Степан Козловский - История и старина: мировосприятие, социальная практика, мотивация действующих лиц
По-видимому, можно вести речь и о «третьем» этапе эпического восприятия «нелюди», который находит свое развитие в социальных предубеждениях. Так, в частности, богатырь, имеющий низкое происхождение (холоп — приложение к орудию труда, способное говорить), вызывает у своей невесты резкое отторжение, поскольку ее (в качестве жены богатыря) не будут считать за человека (члена ее прежней «касты») — будут называть холопкой,[471] портомойницей[472] (грязные работы, понижение социального статуса).[473] То есть ей не будут кланяться — приветствовать и т. п., как приветствуют «обычных» (то есть для нее единственно «настоящих») людей ее круга общения.

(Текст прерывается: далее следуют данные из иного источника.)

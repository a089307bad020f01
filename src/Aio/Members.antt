-- ===== src/Aio/Members.antt =====
-- The attributes of Operation and Context of caio/linux_aio.c, and what `repr` prints.
use caio.Base.{
  ◌==◌, if◌then◌else◌, u16, u64, signed32, bits64, int32, runtime_error, Result, ok, raise, Shown,
  ℕ, String, none,
}
use caio.Aio.State.{Opcode, cmd_pread, cmd_pwrite, cmd_fsync, cmd_fdsync, Operation, Context}

-- AIOOperation_members: signed fields of the control block are read without a sign.
unfoldable pub offset_member : Operation → ℕ
offset_member o = bits64 o.iocb.offset

unfoldable pub nbytes_member : Operation → ℕ
nbytes_member o = u64 o.iocb.nbytes

unfoldable pub priority_member : Operation → ℕ
priority_member o = u16 (bits64 o.iocb.reqprio)

-- AIOContext_members: the low two bytes of a number of four.
unfoldable pub max_requests_member : Context → ℕ
max_requests_member x = u16 x.max_requests

-- The switch on the opcode.
unfoldable pub mode : Opcode → String
mode cmd_pread = "read"
mode cmd_pwrite = "write"
mode cmd_fsync = "fsync"
mode cmd_fdsync = "fdsync"

-- AIOOperation_repr: what it gives to PyUnicode_FromFormat, which reads a `%i` as an `int`.
unfoldable pub repr : Operation → Shown
unfolding mode
repr o = record {
  mode = mode o.iocb.opcode;
  fileno = signed32 o.iocb.fildes;
  offset = int32 o.iocb.offset;
  result = none;
  buffer = o.iocb.buf;
}

-- AIOContext_repr, with the numbers that it prints: a Context without a handle has none.
unfoldable pub repr_context : Context → Result (ℕ × ℕ)
repr_context x = if x.ctx == 0 then raise (runtime_error "") else ok (x.max_requests, x.ctx)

Четвертый этап формирования эпического восприятия, который собственно и показывает переход термина «русский» из политической принадлежности к определенному союзу, к сформировавшемуся этническому осмыслению этого понятия в узком смысле «национальности», по всей вероятности, произошел уже в период начала бытования так называемых «исторических песен».
Характерным примером такого (нового) мировоззрения может служить историческая песня («старина») о девушке, бегущей из татарского плена:
Сватались за меня князья да боярины,Так пойду ли я за тебя, за мордовича?…Кидалась красна девица во Дарью-реку,Тонула красна девица, словно ключ, ко дну…[474]
Девушка, за которую сватались «князья да бояре», предпочитает смерть браку с «Мордовичем», который был всего лишь «перевозчиком».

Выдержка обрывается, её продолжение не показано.